> _Directions_:
Find the word "absurd" in the listing below, then return every line it appears in.

□ □ □ □ □ □ □

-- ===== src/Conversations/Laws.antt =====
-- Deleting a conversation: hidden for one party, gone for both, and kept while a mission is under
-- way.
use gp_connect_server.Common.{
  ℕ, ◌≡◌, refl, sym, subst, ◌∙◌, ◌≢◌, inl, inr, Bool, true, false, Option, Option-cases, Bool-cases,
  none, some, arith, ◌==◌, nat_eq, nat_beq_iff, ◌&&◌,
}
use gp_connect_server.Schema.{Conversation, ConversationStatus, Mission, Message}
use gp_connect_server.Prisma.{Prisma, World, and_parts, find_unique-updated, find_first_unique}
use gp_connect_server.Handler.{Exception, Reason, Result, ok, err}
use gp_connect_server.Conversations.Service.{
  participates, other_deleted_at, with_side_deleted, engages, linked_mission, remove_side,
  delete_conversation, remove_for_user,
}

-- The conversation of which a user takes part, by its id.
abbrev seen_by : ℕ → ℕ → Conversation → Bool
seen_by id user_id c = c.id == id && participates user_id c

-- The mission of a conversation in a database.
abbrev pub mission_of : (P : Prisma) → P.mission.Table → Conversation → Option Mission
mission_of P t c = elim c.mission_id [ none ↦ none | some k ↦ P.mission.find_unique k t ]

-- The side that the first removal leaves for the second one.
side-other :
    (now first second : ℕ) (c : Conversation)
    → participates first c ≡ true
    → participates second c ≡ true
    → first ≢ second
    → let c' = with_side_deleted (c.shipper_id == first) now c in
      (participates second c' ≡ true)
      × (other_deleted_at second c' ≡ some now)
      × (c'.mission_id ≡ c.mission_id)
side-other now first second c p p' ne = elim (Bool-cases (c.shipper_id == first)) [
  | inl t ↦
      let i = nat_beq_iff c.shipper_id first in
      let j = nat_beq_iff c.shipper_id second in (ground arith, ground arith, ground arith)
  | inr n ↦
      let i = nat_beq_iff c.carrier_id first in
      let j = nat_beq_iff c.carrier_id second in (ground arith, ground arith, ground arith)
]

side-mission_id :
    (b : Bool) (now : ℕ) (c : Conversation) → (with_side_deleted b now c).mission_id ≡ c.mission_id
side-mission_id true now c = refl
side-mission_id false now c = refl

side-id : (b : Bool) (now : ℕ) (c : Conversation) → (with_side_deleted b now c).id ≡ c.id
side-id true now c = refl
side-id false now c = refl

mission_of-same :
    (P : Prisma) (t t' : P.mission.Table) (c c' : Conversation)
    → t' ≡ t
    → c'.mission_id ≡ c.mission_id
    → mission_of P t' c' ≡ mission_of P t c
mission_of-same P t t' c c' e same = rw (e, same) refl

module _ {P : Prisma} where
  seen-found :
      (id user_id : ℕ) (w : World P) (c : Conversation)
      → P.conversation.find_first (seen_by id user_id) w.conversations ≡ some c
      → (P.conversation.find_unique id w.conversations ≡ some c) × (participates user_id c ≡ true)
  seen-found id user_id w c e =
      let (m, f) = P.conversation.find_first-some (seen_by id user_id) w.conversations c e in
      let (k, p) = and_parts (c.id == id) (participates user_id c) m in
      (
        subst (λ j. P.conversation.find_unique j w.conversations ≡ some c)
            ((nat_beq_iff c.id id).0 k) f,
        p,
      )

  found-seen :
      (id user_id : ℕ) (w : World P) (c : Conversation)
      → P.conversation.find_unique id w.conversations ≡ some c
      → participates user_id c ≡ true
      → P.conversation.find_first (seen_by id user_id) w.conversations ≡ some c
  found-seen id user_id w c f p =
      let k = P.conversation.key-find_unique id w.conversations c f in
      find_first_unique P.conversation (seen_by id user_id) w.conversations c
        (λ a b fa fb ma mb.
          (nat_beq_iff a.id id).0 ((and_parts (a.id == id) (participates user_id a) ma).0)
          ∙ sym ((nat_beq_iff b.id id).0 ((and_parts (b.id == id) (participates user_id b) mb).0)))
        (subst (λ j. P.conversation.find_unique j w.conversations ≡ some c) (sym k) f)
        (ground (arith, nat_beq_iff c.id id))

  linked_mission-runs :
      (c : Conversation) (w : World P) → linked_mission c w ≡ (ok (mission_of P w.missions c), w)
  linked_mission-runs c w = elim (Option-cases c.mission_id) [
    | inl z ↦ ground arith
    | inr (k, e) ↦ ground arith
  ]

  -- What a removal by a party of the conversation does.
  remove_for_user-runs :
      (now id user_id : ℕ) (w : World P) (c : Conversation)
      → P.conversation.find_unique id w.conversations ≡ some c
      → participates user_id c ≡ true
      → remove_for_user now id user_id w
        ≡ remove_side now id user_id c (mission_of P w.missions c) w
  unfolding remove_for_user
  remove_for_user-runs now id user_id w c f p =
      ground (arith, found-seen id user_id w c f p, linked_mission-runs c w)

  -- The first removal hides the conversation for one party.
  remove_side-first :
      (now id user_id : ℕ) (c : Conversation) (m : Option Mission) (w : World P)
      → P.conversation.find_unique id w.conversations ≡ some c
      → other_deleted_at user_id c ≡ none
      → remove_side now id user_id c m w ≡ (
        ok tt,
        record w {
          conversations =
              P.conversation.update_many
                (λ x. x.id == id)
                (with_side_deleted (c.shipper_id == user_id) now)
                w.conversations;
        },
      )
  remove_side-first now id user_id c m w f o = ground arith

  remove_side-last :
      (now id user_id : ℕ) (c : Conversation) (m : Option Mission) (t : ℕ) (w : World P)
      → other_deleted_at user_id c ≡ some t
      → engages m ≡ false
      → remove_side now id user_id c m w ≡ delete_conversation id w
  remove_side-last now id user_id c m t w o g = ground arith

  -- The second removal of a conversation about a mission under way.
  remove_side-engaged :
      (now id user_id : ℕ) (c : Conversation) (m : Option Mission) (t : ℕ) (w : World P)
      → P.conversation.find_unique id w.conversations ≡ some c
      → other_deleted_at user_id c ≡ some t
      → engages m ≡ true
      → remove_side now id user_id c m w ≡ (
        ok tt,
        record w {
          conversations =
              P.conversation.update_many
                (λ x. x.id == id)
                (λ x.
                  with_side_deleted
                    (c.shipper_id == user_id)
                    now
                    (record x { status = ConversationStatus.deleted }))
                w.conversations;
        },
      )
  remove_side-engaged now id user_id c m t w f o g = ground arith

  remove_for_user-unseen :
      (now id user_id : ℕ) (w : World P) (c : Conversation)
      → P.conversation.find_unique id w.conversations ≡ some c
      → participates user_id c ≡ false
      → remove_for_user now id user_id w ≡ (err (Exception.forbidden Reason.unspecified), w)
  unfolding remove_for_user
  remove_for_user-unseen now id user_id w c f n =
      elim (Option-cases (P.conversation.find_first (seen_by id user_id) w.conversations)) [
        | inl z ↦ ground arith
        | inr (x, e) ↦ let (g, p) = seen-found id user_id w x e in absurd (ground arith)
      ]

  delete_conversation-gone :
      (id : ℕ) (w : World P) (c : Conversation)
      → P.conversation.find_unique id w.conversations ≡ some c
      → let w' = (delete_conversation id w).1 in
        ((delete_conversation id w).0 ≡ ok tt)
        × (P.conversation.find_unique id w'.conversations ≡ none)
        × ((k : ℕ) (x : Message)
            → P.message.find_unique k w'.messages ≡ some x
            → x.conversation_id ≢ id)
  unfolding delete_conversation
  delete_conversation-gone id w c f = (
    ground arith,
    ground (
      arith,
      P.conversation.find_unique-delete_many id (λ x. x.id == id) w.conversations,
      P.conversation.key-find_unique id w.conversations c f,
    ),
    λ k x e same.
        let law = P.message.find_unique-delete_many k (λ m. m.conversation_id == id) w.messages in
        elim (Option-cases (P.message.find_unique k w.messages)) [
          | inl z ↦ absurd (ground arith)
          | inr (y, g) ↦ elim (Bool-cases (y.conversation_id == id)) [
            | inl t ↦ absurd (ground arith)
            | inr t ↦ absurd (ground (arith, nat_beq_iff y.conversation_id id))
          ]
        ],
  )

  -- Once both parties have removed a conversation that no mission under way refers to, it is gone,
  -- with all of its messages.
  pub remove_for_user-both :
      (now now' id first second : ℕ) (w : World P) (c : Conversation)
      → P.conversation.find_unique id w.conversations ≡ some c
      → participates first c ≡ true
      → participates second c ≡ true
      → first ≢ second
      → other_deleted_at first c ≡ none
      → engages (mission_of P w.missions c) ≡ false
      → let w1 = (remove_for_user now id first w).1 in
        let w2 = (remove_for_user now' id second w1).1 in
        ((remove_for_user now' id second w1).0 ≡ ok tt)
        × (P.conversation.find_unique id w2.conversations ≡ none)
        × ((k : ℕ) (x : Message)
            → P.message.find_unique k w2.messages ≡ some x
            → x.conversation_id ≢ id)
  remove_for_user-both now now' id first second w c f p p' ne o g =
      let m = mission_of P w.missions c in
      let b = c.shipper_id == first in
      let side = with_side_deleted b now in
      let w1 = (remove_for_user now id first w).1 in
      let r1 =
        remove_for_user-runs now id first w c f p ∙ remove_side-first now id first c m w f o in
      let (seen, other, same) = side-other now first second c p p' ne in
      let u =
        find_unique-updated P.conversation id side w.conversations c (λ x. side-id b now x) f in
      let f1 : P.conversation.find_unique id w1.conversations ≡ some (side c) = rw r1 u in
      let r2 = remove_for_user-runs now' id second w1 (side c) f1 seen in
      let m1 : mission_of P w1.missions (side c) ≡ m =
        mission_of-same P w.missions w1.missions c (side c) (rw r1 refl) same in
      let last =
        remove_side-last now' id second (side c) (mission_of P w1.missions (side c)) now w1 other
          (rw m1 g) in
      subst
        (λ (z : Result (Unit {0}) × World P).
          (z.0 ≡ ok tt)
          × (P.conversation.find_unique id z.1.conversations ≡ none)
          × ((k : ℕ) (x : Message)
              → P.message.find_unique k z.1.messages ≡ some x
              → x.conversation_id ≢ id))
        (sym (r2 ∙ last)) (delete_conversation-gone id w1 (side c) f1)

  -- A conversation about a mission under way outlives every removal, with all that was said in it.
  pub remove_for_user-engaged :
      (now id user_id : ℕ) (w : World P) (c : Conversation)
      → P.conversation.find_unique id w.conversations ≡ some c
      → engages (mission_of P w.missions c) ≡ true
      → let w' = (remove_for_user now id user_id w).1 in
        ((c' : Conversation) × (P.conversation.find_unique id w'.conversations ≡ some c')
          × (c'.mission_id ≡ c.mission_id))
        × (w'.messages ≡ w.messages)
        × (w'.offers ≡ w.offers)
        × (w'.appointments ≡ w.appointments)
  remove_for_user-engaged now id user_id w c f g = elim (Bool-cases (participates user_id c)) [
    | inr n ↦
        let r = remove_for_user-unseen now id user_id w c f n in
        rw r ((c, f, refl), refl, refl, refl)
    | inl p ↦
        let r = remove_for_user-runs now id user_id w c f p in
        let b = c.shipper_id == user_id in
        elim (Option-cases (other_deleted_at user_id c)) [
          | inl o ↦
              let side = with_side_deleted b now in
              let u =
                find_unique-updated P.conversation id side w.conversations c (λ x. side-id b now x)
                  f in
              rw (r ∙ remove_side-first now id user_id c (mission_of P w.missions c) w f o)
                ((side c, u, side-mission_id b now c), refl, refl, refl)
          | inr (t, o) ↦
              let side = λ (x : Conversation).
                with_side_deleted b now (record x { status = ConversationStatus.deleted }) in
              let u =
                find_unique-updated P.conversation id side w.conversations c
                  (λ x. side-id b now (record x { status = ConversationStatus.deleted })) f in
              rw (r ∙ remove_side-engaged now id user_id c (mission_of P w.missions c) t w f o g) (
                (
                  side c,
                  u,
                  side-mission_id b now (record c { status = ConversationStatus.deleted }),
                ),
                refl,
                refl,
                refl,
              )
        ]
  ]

□ □ □ □ □ □ □

> _Exercise answer_:
        | inr (x, e) ↦ let (g, p) = seen-found id user_id w x e in absurd (ground arith)
          | inl z ↦ absurd (ground arith)
            | inl t ↦ absurd (ground arith)
            | inr t ↦ absurd (ground (arith, nat_beq_iff y.conversation_id id))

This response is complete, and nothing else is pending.